Thursday, 19 April 2012

Thursday 19 April 2012

Welcome back from your Easter breaks, if you had them and thank you to those who were here keeping the ship afloat.


During my week off, between the rain, I was reading some of Dan Rockwell’s thoughts – he writes a blog under the pseudonym of Leadershipfreak. It’s excellent and thought provoking. I thought I would share some edited highlights with you because it really made me think about what I spend my time doing at work, particularly at a time when so many of us are working very hard.

When Working Hard isn’t Working

It doesn’t matter how hard you work if you’re working on the wrong things. Managers and leaders are the hardest working people I know. Working in your organisation is necessary but dangerous.

You work “in” when you do your business. Farmers milking cows, accountants accounting, preachers preaching, teachers teaching, and doctors doctoring are all working in their business. Working in is dangerous because it:


  1. Captivates attention.
  2. Consumes energy.
  3. Distracts from a powerful concern – working on your business.
 This get’s you stuck - I know I sometimes feel very stuck.
 Your passion and ability to focus on getting jobs done blocks you from:

  1. Creating or enhancing systems.
  2. Defining long term objectives.
  3. Identifying, leveraging, and enhancing the strengths on your team
  4. Offloading present work so you can focus on the future.

Working IN prevents you from working ON. This is dangerous.

Getting things done works for the short-term – soon it drains – but, eventually it destroys you and your effectiveness. Constantly working in your business without working on it:

  1. Defeats your innovative spirit.
  2. Saps vitality
  3. Restricts growth.
  4. Limits your potential.

So we somehow need to breakthrough to working on:

Evaluate the use of your time. How much is spent working in rather than on? Breakthroughs materialize when you alter dead-end habits.

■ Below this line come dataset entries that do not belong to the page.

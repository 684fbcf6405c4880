-- ===== src/Reports/Written.antt =====
-- The page of a saved run is written, once its parts are.
use vaultwatch.Base.{ℕ, String, sym, Option, none, some}
use mathlib.Core.Path.{subst}
use vaultwatch.Base.Exec.{Result}
use vaultwatch.Runtime.{or_else, Runtime}
use vaultwatch.Models.{Alert}
use vaultwatch.Models.Values.{Json, Dict, obj, get, item, subscript, list_of-items_of}
use vaultwatch.Llm.Transcripts.{get_from}
use vaultwatch.CaseRecord.{PipelineResult}
use vaultwatch.CaseRecord.Dump.{
  as_dict, compliance_dict, alert_dict, transaction_dict, audit_dict, alert_detail,
}
use vaultwatch.CaseStore.{Row}
use vaultwatch.Api.{Verification}
use vaultwatch.Reports.{fstring, iterated, escaped, tool_evidence, Subject}
use vaultwatch.Reports.Reads.{
  Parts, no_alert, familiar, correlation, recipient_of, narrative_of, check_data,
  investigation_data, evidence_data,
}
use vaultwatch.Reports.Page.{
  blocked, page, heading_parts, payment_parts, table_parts, timeline_parts, evidence_parts,
}
use vaultwatch.Reports.Returns.{
  IsOk, IsOk-bind, fstring-IsOk, also, row_dict, verification_dict, get_from-IsOk, escaped-IsOk,
  tool_evidence-IsOk,
}
use vaultwatch.Reports.Total.{
  payment_of, decision_of, payment-action, payment-reasons, payment-status, decision-title,
  decision-severity,
}

module _ (rt : Runtime) (iso_json iso : ℕ → String) where
  open rt use {Num}

  abbrev pub dict_of : PipelineResult Num → Dict Num
  dict_of = as_dict iso_json iso

  abbrev pub saved_row : Row (PipelineResult Num) → Dict Num
  saved_row saved = row_dict (record {
    transaction_id = saved.transaction_id;
    account_id = saved.account_id;
    result = dict_of saved.result;
  })

module _ (rt : Runtime) (iso_json iso : ℕ → String) (indented : Json rt.Num → String) where
  open rt use {Num}

  familiar-IsOk : (d : Dict Num) (k : String) (s : Subject) → IsOk (familiar rt (obj d) k s)
  unfolding familiar
  familiar-IsOk d k s = IsOk-bind (get_from (obj d) k _) _ (get_from-IsOk d k _) λ v. tt

  correlation-IsOk :
      (o : Option (Alert Num)) → IsOk (correlation rt (decision_of rt iso_json iso o))
  unfolding correlation or_else alert_dict
  correlation-IsOk none = IsOk-bind (get_from no_alert _ _) _ (get_from-IsOk _ _ _) λ v. tt
  correlation-IsOk (some a) =
      IsOk-bind (get_from (obj (alert_dict iso_json iso a)) _ _) _ (get_from-IsOk _ _ _) λ v. tt

  narrative-IsOk :
      (r : PipelineResult Num) → IsOk (narrative_of rt (obj (dict_of rt iso_json iso r)))
  unfolding narrative_of get_from get or_else as_dict compliance_dict
  narrative-IsOk r =
      elim r.compliance
        as (λ o.
          IsOk (narrative_of rt (obj (dict_of rt iso_json iso (record r { compliance = o }))))) [
            | none ↦ tt
            | some c ↦ tt
          ]

  investigation-IsOk :
      (r : PipelineResult Num)
      → IsOk (
          investigation_data
            (obj (dict_of rt iso_json iso r))
            (decision_of rt iso_json iso r.alert))
  unfolding investigation_data get_from get or_else as_dict alert_dict alert_detail
  investigation-IsOk r =
      elim r.alert
        as (λ o.
          IsOk (
            investigation_data (obj (dict_of rt iso_json iso r)) (decision_of rt iso_json iso o))) [
              | none ↦ tt
              | some a ↦ tt
            ]

  evidence-IsOk :
      (r : PipelineResult Num) → IsOk (evidence_data rt (obj (dict_of rt iso_json iso r)))
  unfolding evidence_data get_from get as_dict iterated
  evidence-IsOk r =
      IsOk-bind (tool_evidence rt _) _
        (subst (λ xs. IsOk (tool_evidence rt xs)) (sym (list_of-items_of _))
          (tool_evidence-IsOk rt iso_json iso r.events))
        λ xs. tt

  blocked-IsOk :
      (title : String) (v : Result (Json Num)) → IsOk v → IsOk (blocked rt indented title v)
  unfolding blocked
  blocked-IsOk title v h = IsOk-bind v _ h λ _. tt

  -- the parts of the page of `r`
  abbrev made :
      PipelineResult Num
      → String
      → String
      → String
      → String
      → String
      → Json Num
      → String
      → Parts Num
  made r rows receipts journey findings screen summary integrity = record {
    result = obj (dict_of rt iso_json iso r);
    tx = obj (transaction_dict iso_json iso r.transaction);
    review = obj r.review;
    audit = obj (audit_dict iso_json iso r.audit);
    payment = payment_of rt iso_json iso r.payment;
    rows = rows;
    receipts = receipts;
    decision = decision_of rt iso_json iso r.alert;
    journey = journey;
    findings = findings;
    screen = screen;
    summary = summary;
    integrity = integrity;
  }

  module _ (saved : Row (PipelineResult Num)) (v : Verification Num)
      (rows receipts journey findings screen : String) (summary : Json Num)
      (integrity : String) where
    abbrev parts : Parts Num
    parts = made saved.result rows receipts journey findings screen summary integrity

    heading-IsOk : IsOk (
        fstring (
          heading_parts rt indented
            (saved_row rt iso_json iso saved)
            (verification_dict iso v)
            parts))
    unfolding heading_parts escaped item get_from get subscript as_dict transaction_dict audit_dict
        row_dict recipient_of check_data
    heading-IsOk = fstring-IsOk _ (
        also _ (escaped-IsOk rt iso_json iso _ (decision-title rt iso_json iso saved.result.alert))
          (also _
            (escaped-IsOk rt iso_json iso _ (decision-severity rt iso_json iso saved.result.alert))
            tt))

    payment-IsOk : IsOk (
        fstring (
          payment_parts rt indented
            (saved_row rt iso_json iso saved)
            (verification_dict iso v)
            parts))
    unfolding payment_parts escaped item get_from get subscript as_dict transaction_dict audit_dict
        row_dict recipient_of check_data
    payment-IsOk = fstring-IsOk _ (
        also _
          (escaped-IsOk rt iso_json iso _ (payment-action rt iso_json iso saved.result.payment))
          (also _
            (escaped-IsOk rt iso_json iso _ (payment-reasons rt iso_json iso saved.result.payment))
            (also _
              (escaped-IsOk rt iso_json iso _
                (payment-status rt iso_json iso saved.result.payment _))
              tt)))

    table-IsOk : IsOk (
        fstring (
          table_parts rt indented
            (saved_row rt iso_json iso saved)
            (verification_dict iso v)
            parts))
    unfolding table_parts escaped item get_from get subscript as_dict transaction_dict audit_dict
        row_dict recipient_of check_data
    table-IsOk = fstring-IsOk _ (
        also _ (escaped-IsOk rt iso_json iso _ (get_from-IsOk saved.result.review _ _)) (
          also _ (escaped-IsOk rt iso_json iso _ (get_from-IsOk saved.result.review _ _)) (
            also _ (familiar-IsOk saved.result.review _ _) (
              also _ (familiar-IsOk saved.result.review _ _) (
                also _ (correlation-IsOk saved.result.alert) (
                  also _
                    (escaped-IsOk rt iso_json iso _ (get_from-IsOk (verification_dict iso v) _ _))
                    (also _ (escaped-IsOk rt iso_json iso _ (get_from-IsOk saved.result.review _ _))
                      tt)))))))

    timeline-IsOk : IsOk (
        fstring (
          timeline_parts rt indented
            (saved_row rt iso_json iso saved)
            (verification_dict iso v)
            parts))
    unfolding timeline_parts escaped item get_from get subscript as_dict transaction_dict audit_dict
        row_dict recipient_of check_data
    timeline-IsOk =
        fstring-IsOk _ (also _ (escaped-IsOk rt iso_json iso _ (narrative-IsOk saved.result)) tt)

    last-IsOk : IsOk (
        fstring (
          evidence_parts rt indented
            (saved_row rt iso_json iso saved)
            (verification_dict iso v)
            parts))
    unfolding evidence_parts escaped item get_from get subscript as_dict transaction_dict audit_dict
        row_dict recipient_of check_data
    last-IsOk = fstring-IsOk _ (
        also _ (blocked-IsOk _ _ tt) (
          also _ (blocked-IsOk _ _ (investigation-IsOk saved.result)) (
            also _ (blocked-IsOk _ _ (evidence-IsOk saved.result))
              (also _ (blocked-IsOk _ _ tt) tt))))

    pub page-IsOk :
        IsOk (page rt indented (saved_row rt iso_json iso saved) (verification_dict iso v) parts)
    unfolding page
    page-IsOk = fstring-IsOk _ (
        also _ heading-IsOk
          (also _ payment-IsOk (also _ table-IsOk (also _ timeline-IsOk (also _ last-IsOk tt)))))
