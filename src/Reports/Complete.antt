-- ===== src/Reports/Complete.antt =====
-- The report of a saved run is written, whatever the run was.
use vaultwatch.Base.{ℕ, String, ◌≡◌, Option, none, some}
use vaultwatch.Base.Exec.{ok}
use vaultwatch.Runtime.{or_else, Runtime, truth}
use vaultwatch.Models.{CaseFile}
use vaultwatch.Models.Values.{Json, obj, get, item, subscript}
use vaultwatch.Llm.Transcripts.{get_from}
use vaultwatch.CaseRecord.{PipelineResult}
use vaultwatch.CaseRecord.Dump.{as_dict, rules_dict, case_dict, or_null, audit_dict}
use vaultwatch.CaseStore.{Row}
use vaultwatch.Api.{Verification, checked, unavailable}
use vaultwatch.Reports.{joined, iterated, row, receipt, finding}
use vaultwatch.Reports.Reads.{
  Parts, listed, triggered, parts_of, journey_of, screen_of, summary_of, integrity_of,
}
use vaultwatch.Reports.Page.{page, render_report}
use vaultwatch.Reports.Returns.{
  OkWith, IsOk, IsOk-bind, OkWith-bind, returned, one_of, Every, row_dict, verification_dict,
  IsRule, IsAnswer,
}
use vaultwatch.Reports.Total.{
  rules_listed, IsReadable, journey-IsOk, rows-IsOk, receipts-IsOk, findings-IsOk,
}
use vaultwatch.Reports.Written.{dict_of, saved_row, page-IsOk}

module _ (rt : Runtime) (iso_json iso : ℕ → String) (indented : Json rt.Num → String) where
  open rt use {Num}

  findings_of-IsOk :
      (r : PipelineResult Num)
      → Every IsRule (rules_listed r.rules)
      → OkWith
          (λ rules. IsOk (joined (finding rt) rules))
          (triggered rt (obj (dict_of rt iso_json iso r)))
  unfolding triggered get_from get as_dict or_else truth rules_dict iterated joined
  findings_of-IsOk r =
      elim r.rules
        as (λ o.
          Every IsRule (rules_listed o)
          → OkWith (λ rules. IsOk (joined (finding rt) rules))
              (triggered rt (obj (dict_of rt iso_json iso (record r { rules = o }))))) [
                | none ↦ λ h. tt
                | some v ↦ λ h. findings-IsOk rt iso_json iso v.triggered_rules h
              ]

  screen-IsOk : (o : Option CaseFile) → IsOk (screen_of rt (or_null (λ c. obj (case_dict c)) o))
  unfolding truth screen_of get_from get case_dict
  screen-IsOk none = tt
  screen-IsOk (some c) = tt

  summary-IsOk : (o : Option CaseFile) → IsOk (summary_of rt (or_null (λ c. obj (case_dict c)) o))
  unfolding truth summary_of subscript item case_dict
  summary-IsOk none = tt
  summary-IsOk (some c) = tt

  integrity-IsOk :
      (v : Verification Num) → IsAnswer v → IsOk (integrity_of rt (verification_dict iso v))
  unfolding truth integrity_of get_from get verification_dict
  integrity-IsOk unavailable h = tt
  integrity-IsOk (checked v t) h =
      one_of (truth rt v) _ _ (IsOk-bind (subscript v "valid") _ h λ _. tt) tt

  IsWritten : Row (PipelineResult Num) → Verification Num → Parts Num → Type 0
  IsWritten saved v p =
      IsOk (page rt indented (saved_row rt iso_json iso saved) (verification_dict iso v) p)

  parts_of-IsWritten :
      (saved : Row (PipelineResult Num)) (v : Verification Num)
      → IsReadable saved.result
      → IsAnswer v
      → OkWith
          (IsWritten saved v)
          (parts_of rt (saved_row rt iso_json iso saved) (verification_dict iso v))
  unfolding parts_of item get_from get row_dict as_dict audit_dict listed iterated IsWritten
  parts_of-IsWritten saved v h g =
      let r = saved.result in
      OkWith-bind _ (IsWritten saved v) (joined (row rt) _) _ (rows-IsOk rt iso_json iso r.events)
        λ rows _.
          OkWith-bind _ (IsWritten saved v) (joined (receipt rt) _) _
            (receipts-IsOk rt iso_json iso r.audit.entries h.receipts)
            λ receipts _.
              OkWith-bind _ (IsWritten saved v) (journey_of rt _) _
                (journey-IsOk rt iso_json iso r h)
                λ journey _.
                  OkWith-bind _ (IsWritten saved v) (triggered rt _) _ (findings_of-IsOk r h.rules)
                    λ rules k.
                      OkWith-bind _ (IsWritten saved v) (joined (finding rt) rules) _ k
                        λ findings _.
                          OkWith-bind _ (IsWritten saved v) (screen_of rt _) _ (screen-IsOk r.case)
                            λ screen _.
                              OkWith-bind _ (IsWritten saved v) (summary_of rt _) _
                                (summary-IsOk r.case)
                                λ summary _.
                                  OkWith-bind _ (IsWritten saved v) (integrity_of rt _) _
                                    (integrity-IsOk v g)
                                    λ integrity _.
                                      page-IsOk rt iso_json iso indented saved v rows receipts
                                        journey findings screen summary integrity

  -- A case file that was saved has a report, whatever it and the verification hold, where the rules
  -- have a text as their name and a detail, the receipts their three fields, the places of the review
  -- are dicts, and an answer of the audit service says whether the chain is valid.
  pub render_report-returns :
      (saved : Row (PipelineResult Num)) (v : Verification Num)
      → IsReadable saved.result
      → IsAnswer v
      → (html : String) × (render_report rt indented
            (saved_row rt iso_json iso saved)
            (verification_dict iso v)
          ≡ ok html)
  unfolding render_report IsWritten
  render_report-returns saved v h g = returned _ (
      OkWith-bind (IsWritten saved v) (λ _. Unit)
        (parts_of rt (saved_row rt iso_json iso saved) (verification_dict iso v)) _
        (parts_of-IsWritten saved v h g) λ p w. w)
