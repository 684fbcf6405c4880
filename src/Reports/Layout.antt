-- ===== src/Reports/Layout.antt =====
-- The characters of markup of the five parts of the page, each with its count.
use vaultwatch.Base.{ℕ, String}
use vaultwatch.Runtime.{Runtime}
use vaultwatch.Models.Values.{Json, Dict}
use vaultwatch.Reports.{fstring}
use vaultwatch.Reports.Escape.{IsMarkup}
use vaultwatch.Reports.Markup.{
  Marks, Marks-none, Marks-text, Marks-clean, Marks-part, Marks-esc, Marks-escaped,
}
use vaultwatch.Reports.Reads.{Parts}
use vaultwatch.Reports.Page.{
  heading_parts, payment_parts, table_parts, timeline_parts, evidence_parts,
}
use vaultwatch.Reports.Blocks.{familiar-Marks, correlation-Marks, block-Marks, blocked-Marks}

module _ (rt : Runtime) {k : ℕ} (m : IsMarkup k) where
  open rt use {Num}

  module _ (indented : Json Num → String) where
    module _ (record_dict verification : Dict Num) (p : Parts Num) where
      unfoldable pub heading_marks :
          (n : ℕ) × Marks k n (fstring (heading_parts rt indented record_dict verification p))
      unfolding heading_parts
      heading_marks = (
        _,
        Marks-text _ _ (
            Marks-clean _ _ (Marks-escaped rt m _) (
              Marks-text _ _ (
                Marks-clean _ _ (Marks-escaped rt m _) (
                  Marks-text _ _ (
                    Marks-clean _ _ (Marks-escaped rt m _) (
                      Marks-text _ _ (
                        Marks-clean _ _ (Marks-escaped rt m _) (
                          Marks-text _ _ (
                            Marks-clean _ _ (Marks-escaped rt m _) (
                              Marks-text _ _ (
                                Marks-clean _ _ (Marks-escaped rt m _) (
                                  Marks-text _ _ (
                                    Marks-clean _ _ (Marks-escaped rt m _) (
                                      Marks-text _ _ (
                                        Marks-clean _ _ (Marks-escaped rt m _)
                                          (Marks-text _ _ Marks-none)))))))))))))))),
      )

      unfoldable pub payment_marks :
          (n : ℕ) × Marks k n (fstring (payment_parts rt indented record_dict verification p))
      unfolding payment_parts
      payment_marks = (
        _,
        Marks-clean _ _ (Marks-escaped rt m _) (
            Marks-text _ _ (
              Marks-clean _ _ (Marks-esc rt m _) (
                Marks-text _ _ (
                  Marks-clean _ _ (Marks-escaped rt m _) (
                    Marks-text _ _ (
                      Marks-clean _ _ (Marks-escaped rt m _) (
                        Marks-text _ _ (
                          Marks-clean _ _ (Marks-escaped rt m _) (
                            Marks-text _ _
                              (Marks-part _ _ (block-Marks rt m indented _ _) Marks-none)))))))))),
      )

      unfoldable pub table_marks :
          (n : ℕ) × Marks k n (fstring (table_parts rt indented record_dict verification p))
      unfolding table_parts
      table_marks = (
        _,
        Marks-text _ _ (
            Marks-clean _ _ (Marks-escaped rt m _) (
              Marks-text _ _ (
                Marks-clean _ _ (Marks-esc rt m _) (
                  Marks-text _ _ (
                    Marks-clean _ _ (Marks-escaped rt m _) (
                      Marks-text _ _ (
                        Marks-clean _ _ (Marks-escaped rt m _) (
                          Marks-text _ _ (
                            Marks-clean _ _ (familiar-Marks rt m _ _ _) (
                              Marks-text _ _ (
                                Marks-clean _ _ (familiar-Marks rt m _ _ _) (
                                  Marks-text _ _ (
                                    Marks-clean _ _ (Marks-esc rt m _) (
                                      Marks-text _ _ (
                                        Marks-clean _ _ (correlation-Marks rt m _) (
                                          Marks-text _ _ (
                                            Marks-clean _ _ (Marks-esc rt m _) (
                                              Marks-text _ _ (
                                                Marks-clean _ _ (Marks-escaped rt m _) (
                                                  Marks-text _ _ (
                                                    Marks-clean _ _ (Marks-escaped rt m _)
                                                      Marks-none))))))))))))))))))))),
      )

      unfoldable pub timeline_marks :
          (n : ℕ) × Marks k n (fstring (timeline_parts rt indented record_dict verification p))
      unfolding timeline_parts
      timeline_marks = (
        _,
        Marks-text _ _ (
            Marks-text _ _ (
              Marks-text _ _ (
                Marks-clean _ _ (Marks-escaped rt m _)
                  (Marks-text _ _ (Marks-text _ _ (Marks-text _ _ Marks-none)))))),
      )

      unfoldable pub evidence_marks :
          (n : ℕ) × Marks k n (fstring (evidence_parts rt indented record_dict verification p))
      unfolding evidence_parts
      evidence_marks = (
        _,
        Marks-part _ _ (block-Marks rt m indented _ _) (
            Marks-text _ _ (
              Marks-part _ _ (blocked-Marks rt m indented _ _) (
                Marks-text _ _ (
                  Marks-part _ _ (blocked-Marks rt m indented _ _) (
                    Marks-text _ _ (
                      Marks-part _ _ (blocked-Marks rt m indented _ _) (
                        Marks-text _ _ (
                          Marks-text _ _ (
                            Marks-text _ _ (
                              Marks-part _ _ (block-Marks rt m indented _ _) (
                                Marks-text _ _ (
                                  Marks-part _ _ (blocked-Marks rt m indented _ _)
                                    (Marks-text _ _ Marks-none))))))))))))),
      )
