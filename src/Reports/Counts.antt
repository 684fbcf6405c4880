-- ===== src/Reports/Counts.antt =====
-- The characters of markup of the whole page.
use vaultwatch.Base.{ℕ, zero, suc, ◌+◌, ◌*◌, String, ◌≡◌, refl, arith}
use mathlib.Core.Path.{subst}
use vaultwatch.Runtime.{Runtime}
use vaultwatch.Models.Values.{Json, Dict}
use vaultwatch.Reports.Escape.{IsMarkup, opening, closing, quote, apostrophe, occurrences}
use vaultwatch.Reports.Markup.{Marks, Marks-none, Marks-part}
use vaultwatch.Reports.Reads.{Parts}
use vaultwatch.Reports.Page.{page, shown_findings}
use vaultwatch.Reports.Layout.{
  heading_marks, payment_marks, table_marks, timeline_marks, evidence_marks,
}

-- the characters of the literal texts, and of the blocks
abbrev pub of_row : {k : ℕ} → IsMarkup k → ℕ
of_row quote = 0
of_row apostrophe = 0
of_row _ = 8

abbrev pub of_receipt : {k : ℕ} → IsMarkup k → ℕ
of_receipt quote = 2
of_receipt apostrophe = 0
of_receipt _ = 8

-- of a list of `n` rules
abbrev pub of_rules : {k : ℕ} → IsMarkup k → ℕ → ℕ
of_rules quote n = 0
of_rules apostrophe n = 0
of_rules _ zero = 2
of_rules _ (suc n) = 4 * suc n

abbrev pub of_page : {k : ℕ} → IsMarkup k → ℕ
of_page quote = 6
of_page apostrophe = 0
of_page _ = 148

module _ (rt : Runtime) (indented : Json rt.Num → String) (record_dict verification : Dict rt.Num)
    (p : Parts rt.Num) where
  abbrev MarksPage : {k : ℕ} → IsMarkup k → Type 0
  MarksPage {k} m =
      Marks k
        (of_page m
          + occurrences k (shown_findings p.findings)
          + occurrences k p.rows
          + occurrences k p.receipts)
        (page rt indented record_dict verification p)

  -- the five parts together
  combine :
      {k : ℕ} (m : IsMarkup k) (h q t l e : ℕ)
      → ((heading_marks rt m indented record_dict verification p).0 ≡ h)
        × ((payment_marks rt m indented record_dict verification p).0 ≡ q)
        × ((table_marks rt m indented record_dict verification p).0 ≡ t)
        × ((timeline_marks rt m indented record_dict verification p).0 ≡ l)
        × ((evidence_marks rt m indented record_dict verification p).0 ≡ e)
      → {n : ℕ} → h + (q + (t + (l + e))) ≡ n
      → Marks k n (page rt indented record_dict verification p)
  unfolding page
  combine {k} m h q t l e (e₁, e₂, e₃, e₄, e₅) total =
      let a = heading_marks rt m indented record_dict verification p in
      let b = payment_marks rt m indented record_dict verification p in
      let c = table_marks rt m indented record_dict verification p in
      let d = timeline_marks rt m indented record_dict verification p in
      let f = evidence_marks rt m indented record_dict verification p in
      subst (λ x. Marks k x (page rt indented record_dict verification p))
        (omega (arith, e₁, e₂, e₃, e₄, e₅, total))
        (Marks-part _ _ a.1 (
          Marks-part _ _ b.1
            (Marks-part _ _ c.1 (Marks-part _ _ d.1 (Marks-part _ _ f.1 Marks-none)))))

  pub page-Marks : {k : ℕ} (m : IsMarkup k) → MarksPage m
  unfolding page heading_marks payment_marks table_marks timeline_marks evidence_marks occurrences
  page-Marks opening =
      combine opening 19 18 39
        (4
          + (occurrences b'<' (shown_findings p.findings)
              + (2 + (12 + (occurrences b'<' p.rows + 1)))))
        (6
          + (0
              + (6
                  + (0
                      + (6
                          + (0
                              + (6
                                  + (13
                                      + (occurrences b'<' p.receipts
                                          + (1 + (6 + (0 + (6 + (3))))))))))))))
        (refl, refl, refl, refl, refl) (omega arith)
  page-Marks closing =
      combine closing 19 18 39
        (4
          + (occurrences b'>' (shown_findings p.findings)
              + (2 + (12 + (occurrences b'>' p.rows + 1)))))
        (6
          + (0
              + (6
                  + (0
                      + (6
                          + (0
                              + (6
                                  + (13
                                      + (occurrences b'>' p.receipts
                                          + (1 + (6 + (0 + (6 + (3))))))))))))))
        (refl, refl, refl, refl, refl) (omega arith)
  page-Marks quote =
      combine quote 6 0 0
        (0
          + (occurrences b'"' (shown_findings p.findings)
              + (0 + (0 + (occurrences b'"' p.rows + 0)))))
        (0
          + (0
              + (0
                  + (0
                      + (0
                          + (0
                              + (0
                                  + (0
                                      + (occurrences b'"' p.receipts
                                          + (0 + (0 + (0 + (0 + (0))))))))))))))
        (refl, refl, refl, refl, refl) (omega arith)
  page-Marks apostrophe =
      combine apostrophe 0 0 0
        (0
          + (occurrences b'\'' (shown_findings p.findings)
              + (0 + (0 + (occurrences b'\'' p.rows + 0)))))
        (0
          + (0
              + (0
                  + (0
                      + (0
                          + (0
                              + (0
                                  + (0
                                      + (occurrences b'\'' p.receipts
                                          + (0 + (0 + (0 + (0 + (0))))))))))))))
        (refl, refl, refl, refl, refl) (omega arith)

  1.  Create a weekly “working on” appointment with yourself. Identify and take a next step.
  2. Make small adjustments. You’ll never shift toward working on your business in onegiant leap.
  3. Find new eyes. Discuss systems, strategies, and vision with experts outside your field.
  4. Listen. Many leaders and managers owners have too many answers and too few questions.
  5. Try something. Waiting for stunning success prevents progress.
  6. Delegate more even if it takes longer at first.
  7. Follow-up and follow-through. Frustrations inspire conversations regarding improvements but follow-through changes things. Perhaps some form of accountability would help?

 How can we as managers and leaders work on our business or organization?

 For daily updates, discussion, personal opinion, comment or just to connect or keep in touch you can follow me on Twitter at http://twitter.com/#!/drcarltonbrand.

 Thanks for reading - talk again in a week or so.

 Carlton

Thursday, 5 April 2012

Thursday 5 April

Last week we took Cabinet and CLT through the detail of our Systems Thinking work. Some call this lean. Cabinet were very supportive of the approach, as they have been for the five years we’ve been using it, and the performance improvements seen in the increasing number of services that are now adopting it. We currently have 11 services undergoing their reviews. So far, we have trained over 180 people in the method to enable them to experiment and improve their services as systems. We are committed to this approach to continuous improvement and the number of staff trained will approach 300 by the end of the year.
Systems Thinking is all about designing services around our customers and communities. To do this we seek to understand the purpose of the system from the customer’s perspective. We then seek to understand the type and frequency of customer demand and the flow of work through our processes. We redesign this flow to enable us to do only that work that adds value to our customers purpose. We try and eliminate any waste in our work flow.

This got me thinking about the skills and knowledge that team leaders, managers and directors need to undertake such work.

Managers and leaders need to understand systems thinking. They must show-up in the work and ask these two questions:

• “Show me the measures you use to understand and improve the work?”

• “What help do you need from me to remove the causes of waste in the system?”

I wonder how many of us could answer these questions with definitive evidence and data?

This leads me to the question of how will we run our organisation in this manner?

For me, the new competencies for managers and leaders in the future are:

1. The ability to think in terms of systems and knowing how to lead systems

2. The ability to understand the variability of work in planning and problem solving

3. Understanding how we learn, develop, and improve; leading true learning and improvement

4. Understanding people and why they behave as they do

5. Understanding the interaction and interdependence between systems, variability, learning, and human behaviour; knowing how each affects the others

6. Giving vision, meaning, direction and focus to our work across the organisation

These competencies are all embedded in our new behaviour and values framework.

If this has made you curious and you haven’t attended one of the courses run by John Rogers, please apply to do so. It really is one of the most enlightening sessions you’ll ever experience.